4 minute read
Connecting to Creation: Lessons from our Native American Neighbors
from Koinonikos
“We tell the children when you see Red Mountain, you’re home. This is your land, this is your home. The birds have told you this is your land. You have songs for all these mountains here.” — Gary Owens, Piipaash/Tohono O’odham,
Connecting to Creation
Lessons from Our Native American Neighbors
by Maureen Rojas
When it comes to caring for God’s sacred creation, we have much to learn from our Native American neighbors. Those of us residing in the Valley of the Sun are living with people who have deep ancestral ties to this land and their people.
O’odham and Piipaash of the Sonoran Desert and Rivers
For thousands of years, the O’odham people inhabited a huge area from north of Phoenix, south to Sonora in Mexico, west to the Gulf of California, and east to the San Pedro River.
The Tohono O’odham (of the desert) were named Papago by Europeans. Historically, they moved between winter “well” villages in the foothills and summer “field” villages at the mouth of streams. The closely related Akimel O’odham (river people, called Pima by the Spanish) farmed in their traditional lands along the Gila River.
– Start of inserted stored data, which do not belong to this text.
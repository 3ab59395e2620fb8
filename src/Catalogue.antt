-- ===== src/Catalogue.antt =====
-- The tables behind the problem repositories (migrations/007-create-problems.sql and
-- 008-add-admin-operations.sql) and the tests on their rows that the statements of
-- backend/src/sqlite-problem-repository.cpp make. Problems stand in the order of their rowids;
-- the primary key, the unique position within a problem and the foreign key with ON DELETE CASCADE
-- are what the operations of Writing ask for and do.
pub mod Columns
pub mod Writing
pub mod Reading
pub mod Seeding
pub mod Calls
pub mod Invariant
pub mod Updating
pub mod Seeded
pub mod Reseeding
pub mod Preservation
pub mod Revisions
pub mod Concurrency
pub mod RoundTrip
pub mod HiddenTests
use trainer.Prelude.{ℕ, Bool, ◌&&◌, List, Bytes, nat_eq, byte_eq, ◌==◌, ltb, count_where}

pub record ProblemRow : Type 0 where
  pub id : Bytes
  pub title : Bytes
  pub description : Bytes
  pub input_format : Bytes
  pub output_format : Bytes
  pub difficulty : Bytes
  pub tags_json : Bytes
  pub languages_json : Bytes
  pub examples_json : Bytes
  pub enabled : Bool
  pub created_at : Bytes
  pub updated_at : Bytes
  pub revision : ℕ

pub record TestRow : Type 0 where
  pub id : ℕ
  pub problem_id : Bytes
  pub input : Bytes
  pub expected_output : Bytes
  pub position : ℕ
  pub enabled : Bool
  pub revision : ℕ

pub record Catalogue : Type 0 where
  pub problems : List ProblemRow
  pub tests : List TestRow
  pub next_test_id : ℕ

-- backend/include/algorithm-trainer/problem-repository.h
pub record ProblemRepositoryError : Type 0 where
  pub message : Bytes

-- WHERE id = ?
abbrev pub has_id : Bytes → ProblemRow → Bool
has_id id r = r.id == id

-- WHERE id = ? AND revision = ?
abbrev pub has_revision : Bytes → ℕ → ProblemRow → Bool
has_revision id revision r = (r.id == id) && (r.revision == revision)

-- WHERE problem_id = ?
abbrev pub test_of : Bytes → TestRow → Bool
test_of problem_id t = t.problem_id == problem_id

abbrev pub test_at : Bytes → ℕ → TestRow → Bool
test_at problem_id position t = (t.problem_id == problem_id) && (t.position == position)

-- WHERE id = ? AND problem_id = ?
abbrev pub test_in : Bytes → ℕ → TestRow → Bool
test_in problem_id id t = (t.id == id) && (t.problem_id == problem_id)

-- ... AND revision = ?
abbrev pub test_revision : Bytes → ℕ → ℕ → TestRow → Bool
test_revision problem_id id revision t =
    ((t.id == id) && (t.problem_id == problem_id)) && (t.revision == revision)

-- EXISTS.
abbrev pub any_where {ℓ} : {A : Type ℓ} → (A → Bool) → List A → Bool
any_where p rows = ltb 0 (count_where p rows)
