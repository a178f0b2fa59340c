-- ===== src/Coverage.antt =====
-- coverage_report.py: which catalogued requirements and interfaces a run has evidence for.
pub mod Records
pub mod Options
pub mod Metric
pub mod Subject
pub mod Model
pub mod Credit
pub mod Summary
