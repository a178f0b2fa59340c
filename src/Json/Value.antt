-- ===== src/Json/Value.antt =====
-- The Python objects that json_validation.py is handed, and the exceptions that validators raise.
use flatpak_blackbox_tests.Base.{
  ℕ, String, Bool, true, false, Option, List, [], ◌∷◌, ◌≡◌, refl, ap, ◌⊎◌, inl, inr,
}
use flatpak_blackbox_tests.Base.Int.{ℤ}
use flatpak_blackbox_tests.Base.Dict.{Dict}

-- Python's `float`: a sign and a magnitude, the latter by its significand and exponent.
pub data Float : Type 0 where
  nan : Float
  infinite : Bool → Float
  finite : Bool → ℕ → ℕ → Float

-- A dictionary key is a text, or an object of another type.
pub data Key : Type 0 where
  name : String → Key
  opaque : Key

-- `other` stands for an object of any further type.
mutual
  pub data Value : Type 0 where
    null : Value
    bool : Bool → Value
    int : ℤ → Value
    float : Float → Value
    text : String → Value
    list : Items → Value
    tuple : Items → Value
    dict : Entries → Value
    other : Value

  pub data Items : Type 0 where
    nil : Items
    cons : Value → Items → Items

  pub data Entries : Type 0 where
    end : Entries
    entry : Key → Value → Entries → Entries

-- `f"{path}.{key}"`, `f"{path}[{index}]"` and `f"{path} key"`, kept apart.
pub data FieldPath : Type 0 where
  root : String → FieldPath
  field : FieldPath → String → FieldPath
  item : FieldPath → ℕ → FieldPath
  key_of : FieldPath → FieldPath

-- What a message says of the field that it names.
pub data Reason : Type 0 where
  expected_object expected_string_keys expected_array : Reason
  expected_string : Bool → Reason
  expected_boolean : Reason
  expected_integer : Option ℤ → Reason
  missing_field unsupported_schema non_finite : Reason
  expected_number expected_null expected_literal no_alternative unsupported_type : Reason
  unknown_field environment_name empty_executable : Reason
  duplicate_id : String → Reason
  duplicate_key : String → Reason
  malformed_json : Reason
  unknown_command bad_drivers bad_handler bad_client_entry bad_client_source : Reason
  bad_include duplicate_include recursive_include wrong_scope : Reason
  too_few_apps wrong_layouts bad_seconds : Reason

-- A raised exception. `within` is `f"{path}: {error}"`, raised again by `decode_json`.
pub data Error : Type 0 where
  invalid : FieldPath → Reason → Error
  within : FieldPath → Error → Error
  value_error : String → Error
  key_error : String → Error
  type_error : Error

pub data Result {ℓ} (A : Type ℓ) : Type ℓ where
  ok : A → Result A
  err : Error → Result A

abbrev pub is_ok {ℓ} : {A : Type ℓ} → Result A → Bool
is_ok (ok a) = true
is_ok (err e) = false

-- An exception ends a chain.
infixl 5 ◌>>=◌ ◌>>◌
abbrev pub ◌>>=◌ {ℓ κ} : {A : Type ℓ} {C : Type κ} (r : Result A) (next : A → Result C) → Result C
ok value >>= next = next value
err raised >>= next = err raised

-- `if not test: raise error`
abbrev pub guard : (test : Bool) (error : Error) → Result (Unit {0})
guard false error = err error
guard true error = ok tt

abbrev pub ◌>>◌ {κ} : {C : Type κ} (check : Result (Unit {0})) (next : Result C) → Result C
check >> next = check >>= λ u. next

-- A chain that returns has passed its first step.
pub >>=-eq-ok {ℓ κ} :
    {A : Type ℓ} {C : Type κ} {c : C} (r : Result A) (next : A → Result C)
    (whole : (r >>= next) ≡ ok c)
    → (value : A) × (r ≡ ok value) × (next value ≡ ok c)
>>=-eq-ok (err raised) next whole = cc
>>=-eq-ok (ok value) next whole = (value, refl, whole)

pub guard-eq-ok :
    (test : Bool) (error : Error) (u : Unit {0}) (passed : guard test error ≡ ok u) → test ≡ true
guard-eq-ok false error u passed = cc
guard-eq-ok true error u passed = refl

abbrev pub values : Items → List Value
values nil = []
values (cons v vs) = v ∷ values vs

abbrev pub items : List Value → Items
items [] = nil
items (v ∷ vs) = cons v (items vs)

-- The entries of a dictionary whose keys are texts.
abbrev pub entries : Dict Value → Entries
entries [] = end
entries ((k, v) ∷ d) = entry (name k) v (entries d)

pub values-items : (vs : List Value) → values (items vs) ≡ vs
values-items [] = refl
values-items (v ∷ vs) = ap (λ ws. v ∷ ws) (values-items vs)

-- Failure of a step fails the chain.
pub bind_fails {ℓ κ} :
    {A : Type ℓ} {B : Type κ} (m : Result A) (f : A → Result B)
    → is_ok m ≡ false
    → is_ok (m >>= f) ≡ false
bind_fails (ok a) f h = cc
bind_fails (err e) f h = refl

pub bind_fails_later {ℓ κ} :
    {A : Type ℓ} {B : Type κ} (m : Result A) (f : A → Result B)
    → ((a : A) → is_ok (f a) ≡ false)
    → is_ok (m >>= f) ≡ false
bind_fails_later (ok a) f h = h a
bind_fails_later (err e) f h = refl

pub Result-cases {ℓ} : {A : Type ℓ} (r : Result A) → ((a : A) × (r ≡ ok a)) ⊎ (is_ok r ≡ false)
Result-cases (ok a) = inl (a, refl)
Result-cases (err e) = inr refl

pub not_ok {ℓ} : {A : Type ℓ} {r : Result A} {a : A} → is_ok r ≡ false → r ≡ ok a → ⊥
not_ok {r = ok b} h e = cc
not_ok {r = err f} h e = cc

-- A guarded chain that returns has passed its guard.
pub guard-then {ℓ} :
    {B : Type ℓ} (b : Bool) (e : Error) (k : Result B) {x : B}
    → (guard b e >> k) ≡ ok x
    → (b ≡ true) × (k ≡ ok x)
guard-then true e k h = (refl, h)
guard-then false e k h = cc

pub then-eq-ok {ℓ} :
    {B : Type ℓ} (r : Result (Unit {0})) (k : Result B) {x : B}
    → (r >> k) ≡ ok x
    → (r ≡ ok tt) × (k ≡ ok x)
then-eq-ok (ok u) k h = (refl, h)
then-eq-ok (err e) k h = cc

pub ok_injective {ℓ} : {A : Type ℓ} {a b : A} → ok a ≡ ok b → a ≡ b
ok_injective h = cc h
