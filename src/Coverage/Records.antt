-- ===== src/Coverage/Records.antt =====
-- The parts of the suite's TypedDicts (catalogue.py, catalogue_schema.py, report_schema.py) that
-- coverage_report.py reads, as they stand after their checked parsers. A field of a `total=False`
-- class is an `Option`. Extension fields, which the parsers keep, are left out where no code here reads
-- or compares them.
use flatpak_blackbox_tests.Base.{
  String, Bool, true, false, ◌&&◌, Option, none, some, List, [], ◌∷◌, ◌==◌, if◌then◌else◌, ◌≡◌,
  refl, arith, eq_iff, ◌↔◌,
}
use flatpak_blackbox_tests.Base.Dict.{Dict}
use flatpak_blackbox_tests.Base.Int.{ℤ}
use flatpak_blackbox_tests.Json.Value.{Value}

pub record Surface : Type 0 where
  pub id : String
  pub kind : String
  pub name : String

pub record Source : Type 0 where
  pub path : String
  pub anchor : String

pub record Requirement : Type 0 where
  pub id : String
  pub interface : String
  pub profile : String
  pub category : String
  pub description : String
  pub sources : List Source
  pub surfaces : List String
  pub required_capabilities : List String

-- `Behavior`: a gap has no scenario.
pub record Behavior : Type 0 where
  pub id : String
  pub scenario : Option String
  pub profile : String
  pub drivers : List String
  pub required_capabilities : List String
  pub execution_environment : Option String

pub record SurfaceAssertion : Type 0 where
  pub id : String
  pub rationale : String

pub record CoverageMapping : Type 0 where
  pub behavior_id : String
  pub driver : String
  pub profile : String
  pub requirements : List String
  pub rationale : String
  pub surface_assertions : Option (List SurfaceAssertion)
  pub equivalent_options : Option (List SurfaceAssertion)

pub record RequirementsDocument : Type 0 where
  pub scope : String
  pub limitations : List String
  pub requirements : List Requirement

pub record CaseIdentity : Type 0 where
  pub behavior_id : String
  pub driver : String
  pub profile : String

-- equality of the tuples that `case_key` returns
abbrev pub same_case : CaseIdentity → CaseIdentity → Bool
same_case a b = a.behavior_id == b.behavior_id && (a.driver == b.driver && a.profile == b.profile)

pub same_case_iff : (a b : CaseIdentity) → (same_case a b ≡ true) ↔ (a ≡ b)
same_case_iff a b = (
  λ h. ground (
    arith,
    eq_iff a.behavior_id b.behavior_id,
    eq_iff a.driver b.driver,
    eq_iff a.profile b.profile,
  ),
  λ h. ground (
    arith,
    eq_iff a.behavior_id b.behavior_id,
    eq_iff a.driver b.driver,
    eq_iff a.profile b.profile,
  ),
)

-- A dictionary keyed by cases.
abbrev pub CaseDict : Type 0 → Type 0
CaseDict V = List (CaseIdentity × V)

abbrev pub case_lookup : {V : Type 0} → CaseIdentity → CaseDict V → Option V
case_lookup k [] = none
case_lookup k ((j, v) ∷ d) = if same_case j k then some v else case_lookup k d

pub record EvidenceRecord : Type 0 where
  pub argv : Option (List String)
  pub cli_argv : Option (List String)
  pub interface : Option String
  pub exit_status : Option ℤ
  pub stdout : Option String
  pub stderr : Option String
  pub api_calls : Option (List String)
  pub signals : Option (List String)
  pub observation : Option String
  pub observed : Option Value

pub record CaseResult : Type 0 where
  pub identity : CaseIdentity
  pub open identity use *
  pub status : String
  pub evidence : Option (List EvidenceRecord)
  pub cleanup_complete : Option Bool
  pub cleanup_error : Option String

pub record ArtifactProvenance : Type 0 where
  pub path : Option String
  pub sha256 : Option String

pub record TargetProvenance : Type 0 where
  pub configuration_sha256 : Option String
  pub cli_path : Option String
  pub cli_sha256 : Option String
  pub adapter_files : Option (List ArtifactProvenance)

pub record FixtureProvenance : Type 0 where
  pub path : Option String
  pub manifest_sha256 : Option String

pub record LibraryProvenance : Type 0 where
  pub path : Option String
  pub sha256 : Option String
  pub package_version : Option String
  pub client_sha256 : Option String

pub record ArtifactIntegrity : Type 0 where
  pub status : Option String
  pub changed_paths : Option (List String)

pub record Definition : Type 0 where
  pub schema : ℤ
  pub fingerprint : String
  pub files : Dict String
  pub policy_sha256 : String
  pub loader_sha256 : String
  pub reference_commit : String

-- A definition as a report has it, with the extension fields that the parser keeps.
pub record ReportedDefinition : Type 0 where
  pub definition : Definition
  pub extensions : Dict Value

pub record RunReport : Type 0 where
  pub results : Option (List CaseResult)
  pub coverage_definition : Option ReportedDefinition
  pub complete : Option Bool
  pub target : Option String
  pub target_version : Option String
  pub started_at : Option String
  pub finished_at : Option String
  pub target_provenance : Option TargetProvenance
  pub library_provenance : Option LibraryProvenance
  pub fixture_provenance : Option FixtureProvenance
  pub artifact_integrity : Option ArtifactIntegrity
  pub setup_error : Option String

-- `case_key`
unfoldable pub case_key : CaseResult → CaseIdentity
case_key case = case.identity

-- `record.get(key, [])` and `record.get(key) == text`
abbrev pub or_empty {ℓ} : {A : Type ℓ} → Option (List A) → List A
or_empty none = []
or_empty (some xs) = xs

abbrev pub is_text : String → Option String → Bool
is_text s none = false
is_text s (some t) = t == s

abbrev pub is_true : Option Bool → Bool
is_true (some true) = true
is_true _ = false

pub is_true_lem : (o : Option Bool) → is_true o ≡ true → o ≡ some true
is_true_lem none h = absurd (cc h)
is_true_lem (some true) h = refl
is_true_lem (some false) h = absurd (cc h)
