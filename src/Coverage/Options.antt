-- ===== src/Coverage/Options.antt =====
-- coverage_report.py: `invoked_option`, and the split of an option's identifier in `summarize`.
pub mod Laws
use Prim.Native.Char.{code}
use flatpak_blackbox_tests.Base.{
  ℕ, ◌-◌, String, Bool, true, false, not, ◌&&◌, ◌||◌, Option, none, some, List, [], ◌∷◌, ◌==◌,
  length, eqb, after_prefix, starts_with, if◌then◌else◌,
}
use flatpak_blackbox_tests.Coverage.Records.{EvidenceRecord, or_empty, is_text}

-- `xs == ys` for lists of texts
abbrev pub same_texts : List String → List String → Bool
same_texts [] [] = true
same_texts (x ∷ xs) (y ∷ ys) = x == y && same_texts xs ys
same_texts [] (y ∷ ys) = false
same_texts (x ∷ xs) [] = false

abbrev pub drop {ℓ} : {A : Type ℓ} → ℕ → List A → List A
drop ℕ.zero xs = xs
drop (ℕ.suc n) [] = []
drop (ℕ.suc n) (x ∷ xs) = drop n xs

-- `argument.startswith(option + "=")`
abbrev pub assigns : String → String → Bool
assigns option argument = elim (after_prefix option argument) [
  | none ↦ false
  | some rest ↦ starts_with rest "="
]

-- the loop over `argv[2:]`
unfoldable pub leading_option : String → List String → Bool
leading_option option [] = false
leading_option option (argument ∷ rest) =
    let later = leading_option option rest in
    if argument == "--" || not (starts_with argument "-")
    then false
    else if argument == option || assigns option argument
    then true
    else later

-- `argv` must end with the recorded inner command line.
unfoldable pub inner_arguments : String → List String → List String → Option (List String)
inner_arguments cli [] argv = none
inner_arguments cli (first ∷ more) argv =
    if first == cli && same_texts (drop (length argv - length (first ∷ more)) argv) (first ∷ more)
    then some (first ∷ more)
    else none

-- The command line of the CLI itself, behind a wrapper's own arguments.
unfoldable pub cli_arguments : EvidenceRecord → String → Option (List String)
unfolding inner_arguments
cli_arguments record' cli = elim (or_empty record'.argv) [
  | [] ↦ none
  | program ∷ rest ↦
      if program == cli
      then some (program ∷ rest)
      else inner_arguments cli (or_empty record'.cli_argv) (program ∷ rest)
]

unfoldable pub option_after : String → String → List String → Bool
unfolding leading_option
option_after command option (program ∷ name ∷ rest) =
    if name == command then leading_option option rest else false
option_after command option _ = false

unfoldable pub invoked_option : EvidenceRecord → String → String → String → Bool
unfolding cli_arguments option_after
invoked_option record' cli command option =
    if is_text "cli" record'.interface
    then elim (cli_arguments record' cli) [
      | none ↦ false
      | some argv ↦ option_after command option argv
    ]
    else false

-- `identifier.split(".", 1)`, if there is a dot
abbrev pub split_dot : String → Option (String × String)
split_dot String.[] = none
split_dot (String.◌∷◌ c s) =
    let later = split_dot s in
    if eqb (code c) b'.'
    then some (String.[], s)
    else elim later [ none ↦ none | some p ↦ some (String.◌∷◌ c p.0, p.1) ]

-- `identifier.removeprefix("cli.option.").split(".", 1)`; the unpacking fails where there is no dot.
unfoldable pub command_option : String → Option (String × String)
command_option identifier = elim (after_prefix "cli.option." identifier) [
  | none ↦ split_dot identifier
  | some rest ↦ split_dot rest
]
The Piipaash people (Maricopa) originally lived along the lower Gila and Colorado Rivers and migrated toward the Pima villages in 1825. By 1870, Anglo farmers drawing water from the Gila River left too little for them to live on, so some O’odham and Piipaash moved to farm along the Salt River.
Although the tribes speak different dialects of an Uto-Aztecan based language, they share cultural values. Today they are divided into four federally recognized tribes: The Tohono O’odham Nation (which is the second largest reservation in Arizona with 28,000 members), the Gila River Indian Community, the Ak-Chin Indian Community, and the Salt River Indian Community. A relationship to the landscape is paramount in their cultural and spiritual beliefs. O’odham mythology tells that the land was given to them by Elder Brother to live on when the earth was created. They thrived by living not only on, but with the desert and its plants and animal life.

Pascua Yaqui Tribe Blends Christianity with Ancestral Beliefs
Our closest neighbors – the Pascua Yaquis of Guadalupe -- are more recent inhabitants of Arizona with deep roots to ancestral lands along the Yaqui River in the Sonoran Desert of Mexico, where the Yaqui people survived centuries of war to retain their land. By 1910, thousands had been enslaved and deported to the Yucatan plantations. A thousand or more fled to the U.S. where they found work in agriculture or the railroads.
Mexico recognized their land claims in 1937, creating the Yaqui Indigenous Zone, where the Sonoran Yaqui continue as farmers and ranchers. In the U.S., the Yaqui became a federally recognized tribe in 1978. Today Guadalupe is one of four Arizona Yaqui communities.
Yaqui culture blends Christianity with Yaqui spirituality in the hope for a better view of the world and morality. One symbol of Yaqui spirituality is the deer, and the deer dancer portrays the people’s connection to nature.

Arizona is home to 21 tribal nations. Dayspring joins their commitment to honoring God’s sacred creation and protecting all the people and life inhabiting our beautiful earth.